#### RECORDS TO USE ####
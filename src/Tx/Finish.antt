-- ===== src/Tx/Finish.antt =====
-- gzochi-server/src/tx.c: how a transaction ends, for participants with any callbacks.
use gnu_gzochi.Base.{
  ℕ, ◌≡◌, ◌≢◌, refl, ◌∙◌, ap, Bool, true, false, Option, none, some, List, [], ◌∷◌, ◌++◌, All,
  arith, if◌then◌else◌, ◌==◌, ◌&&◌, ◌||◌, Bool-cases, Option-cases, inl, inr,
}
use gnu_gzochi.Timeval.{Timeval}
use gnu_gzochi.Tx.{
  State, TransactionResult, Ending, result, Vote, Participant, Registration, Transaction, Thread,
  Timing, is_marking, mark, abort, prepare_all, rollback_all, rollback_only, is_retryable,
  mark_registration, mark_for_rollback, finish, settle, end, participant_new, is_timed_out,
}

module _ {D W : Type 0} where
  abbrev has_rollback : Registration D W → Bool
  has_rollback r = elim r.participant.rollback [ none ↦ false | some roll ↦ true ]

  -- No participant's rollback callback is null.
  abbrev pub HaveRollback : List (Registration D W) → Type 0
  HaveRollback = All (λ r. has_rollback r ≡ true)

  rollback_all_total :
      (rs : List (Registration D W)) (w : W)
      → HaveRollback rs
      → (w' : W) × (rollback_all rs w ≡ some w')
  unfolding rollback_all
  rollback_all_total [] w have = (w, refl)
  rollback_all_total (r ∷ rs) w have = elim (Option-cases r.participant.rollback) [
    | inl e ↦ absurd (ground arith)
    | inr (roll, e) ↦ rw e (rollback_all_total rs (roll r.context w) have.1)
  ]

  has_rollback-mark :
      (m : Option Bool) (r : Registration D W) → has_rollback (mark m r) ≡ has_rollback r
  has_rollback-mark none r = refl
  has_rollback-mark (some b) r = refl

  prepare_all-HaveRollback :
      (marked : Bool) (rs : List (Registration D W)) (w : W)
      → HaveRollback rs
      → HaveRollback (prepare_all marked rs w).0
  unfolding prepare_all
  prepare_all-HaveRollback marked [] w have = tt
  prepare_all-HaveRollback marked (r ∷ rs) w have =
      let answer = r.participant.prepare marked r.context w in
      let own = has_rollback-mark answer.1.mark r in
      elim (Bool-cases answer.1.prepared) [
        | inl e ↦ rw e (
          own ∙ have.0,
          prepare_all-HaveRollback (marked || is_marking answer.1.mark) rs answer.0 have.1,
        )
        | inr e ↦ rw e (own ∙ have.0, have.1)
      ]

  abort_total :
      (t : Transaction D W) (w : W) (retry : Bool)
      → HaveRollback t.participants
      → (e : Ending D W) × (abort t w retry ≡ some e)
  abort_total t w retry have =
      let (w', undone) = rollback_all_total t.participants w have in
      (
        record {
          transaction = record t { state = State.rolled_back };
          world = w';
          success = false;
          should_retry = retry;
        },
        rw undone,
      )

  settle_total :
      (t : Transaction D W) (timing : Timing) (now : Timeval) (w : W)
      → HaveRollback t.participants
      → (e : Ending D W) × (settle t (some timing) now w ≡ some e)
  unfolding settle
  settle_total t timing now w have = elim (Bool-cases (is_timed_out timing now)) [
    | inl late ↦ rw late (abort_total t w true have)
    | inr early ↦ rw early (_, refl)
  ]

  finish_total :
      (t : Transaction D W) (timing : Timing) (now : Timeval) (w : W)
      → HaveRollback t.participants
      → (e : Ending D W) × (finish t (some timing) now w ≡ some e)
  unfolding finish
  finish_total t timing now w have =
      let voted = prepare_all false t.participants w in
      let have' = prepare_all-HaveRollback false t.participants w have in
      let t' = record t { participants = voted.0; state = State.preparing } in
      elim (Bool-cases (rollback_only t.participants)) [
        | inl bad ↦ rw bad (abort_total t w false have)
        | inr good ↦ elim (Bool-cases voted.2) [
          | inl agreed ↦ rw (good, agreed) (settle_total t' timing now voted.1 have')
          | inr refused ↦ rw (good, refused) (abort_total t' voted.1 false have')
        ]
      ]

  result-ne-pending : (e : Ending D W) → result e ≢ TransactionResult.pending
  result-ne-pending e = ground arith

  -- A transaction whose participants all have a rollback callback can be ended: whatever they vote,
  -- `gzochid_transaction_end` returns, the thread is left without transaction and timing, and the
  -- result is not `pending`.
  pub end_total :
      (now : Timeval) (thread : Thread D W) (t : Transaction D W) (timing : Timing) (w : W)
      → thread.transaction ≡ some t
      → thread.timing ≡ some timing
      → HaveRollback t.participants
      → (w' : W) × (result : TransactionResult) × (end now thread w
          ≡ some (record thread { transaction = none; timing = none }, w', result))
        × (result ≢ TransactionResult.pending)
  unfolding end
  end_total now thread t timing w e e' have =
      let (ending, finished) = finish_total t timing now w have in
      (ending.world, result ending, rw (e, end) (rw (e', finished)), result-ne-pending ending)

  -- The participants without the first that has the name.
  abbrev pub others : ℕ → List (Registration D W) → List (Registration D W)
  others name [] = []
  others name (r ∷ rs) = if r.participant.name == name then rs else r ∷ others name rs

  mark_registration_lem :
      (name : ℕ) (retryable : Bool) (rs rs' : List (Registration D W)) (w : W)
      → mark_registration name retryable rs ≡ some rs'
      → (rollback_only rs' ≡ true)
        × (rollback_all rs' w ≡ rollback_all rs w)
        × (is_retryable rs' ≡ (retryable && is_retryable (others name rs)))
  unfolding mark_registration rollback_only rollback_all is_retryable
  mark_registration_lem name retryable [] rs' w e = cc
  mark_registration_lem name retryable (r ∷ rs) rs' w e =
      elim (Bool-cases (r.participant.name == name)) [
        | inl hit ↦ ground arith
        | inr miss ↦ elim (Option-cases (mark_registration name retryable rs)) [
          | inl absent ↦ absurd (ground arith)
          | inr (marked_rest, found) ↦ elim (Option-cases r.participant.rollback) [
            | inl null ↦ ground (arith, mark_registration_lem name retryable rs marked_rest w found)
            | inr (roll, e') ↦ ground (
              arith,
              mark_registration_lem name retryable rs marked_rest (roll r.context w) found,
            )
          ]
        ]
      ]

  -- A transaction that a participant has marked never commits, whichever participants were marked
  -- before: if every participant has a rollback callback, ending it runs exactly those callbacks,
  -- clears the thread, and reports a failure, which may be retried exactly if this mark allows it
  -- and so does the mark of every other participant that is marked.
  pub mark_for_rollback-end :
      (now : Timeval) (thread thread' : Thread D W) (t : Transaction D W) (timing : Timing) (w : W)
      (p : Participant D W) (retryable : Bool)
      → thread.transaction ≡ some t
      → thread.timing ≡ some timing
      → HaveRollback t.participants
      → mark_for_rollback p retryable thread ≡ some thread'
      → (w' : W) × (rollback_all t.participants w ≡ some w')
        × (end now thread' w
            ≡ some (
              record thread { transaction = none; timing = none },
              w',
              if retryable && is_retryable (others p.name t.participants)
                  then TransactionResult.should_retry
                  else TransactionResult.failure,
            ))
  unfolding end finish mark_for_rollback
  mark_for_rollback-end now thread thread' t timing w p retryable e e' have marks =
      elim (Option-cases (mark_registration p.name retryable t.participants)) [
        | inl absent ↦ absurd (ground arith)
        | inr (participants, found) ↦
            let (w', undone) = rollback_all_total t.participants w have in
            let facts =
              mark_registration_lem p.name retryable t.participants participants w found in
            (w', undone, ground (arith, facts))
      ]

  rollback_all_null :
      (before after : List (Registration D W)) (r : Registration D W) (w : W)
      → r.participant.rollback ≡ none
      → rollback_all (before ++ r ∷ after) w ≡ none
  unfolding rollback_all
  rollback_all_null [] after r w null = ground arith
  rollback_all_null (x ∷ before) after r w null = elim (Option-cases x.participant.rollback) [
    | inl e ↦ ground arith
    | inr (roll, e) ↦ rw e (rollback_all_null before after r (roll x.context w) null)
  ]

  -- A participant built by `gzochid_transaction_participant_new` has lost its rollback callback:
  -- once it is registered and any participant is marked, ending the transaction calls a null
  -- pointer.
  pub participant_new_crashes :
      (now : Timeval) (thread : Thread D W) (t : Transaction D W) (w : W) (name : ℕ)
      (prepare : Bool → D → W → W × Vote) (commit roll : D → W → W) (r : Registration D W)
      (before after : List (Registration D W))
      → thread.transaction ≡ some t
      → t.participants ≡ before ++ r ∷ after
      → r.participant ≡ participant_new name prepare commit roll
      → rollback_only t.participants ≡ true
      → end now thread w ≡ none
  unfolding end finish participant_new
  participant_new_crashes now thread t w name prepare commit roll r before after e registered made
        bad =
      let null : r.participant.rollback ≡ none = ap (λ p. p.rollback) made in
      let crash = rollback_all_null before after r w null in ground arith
####
* [PROMPT]:
Across the listing, how many lines contain "context"? State the number and nothing else.

* [COMPLETED TASK]:
4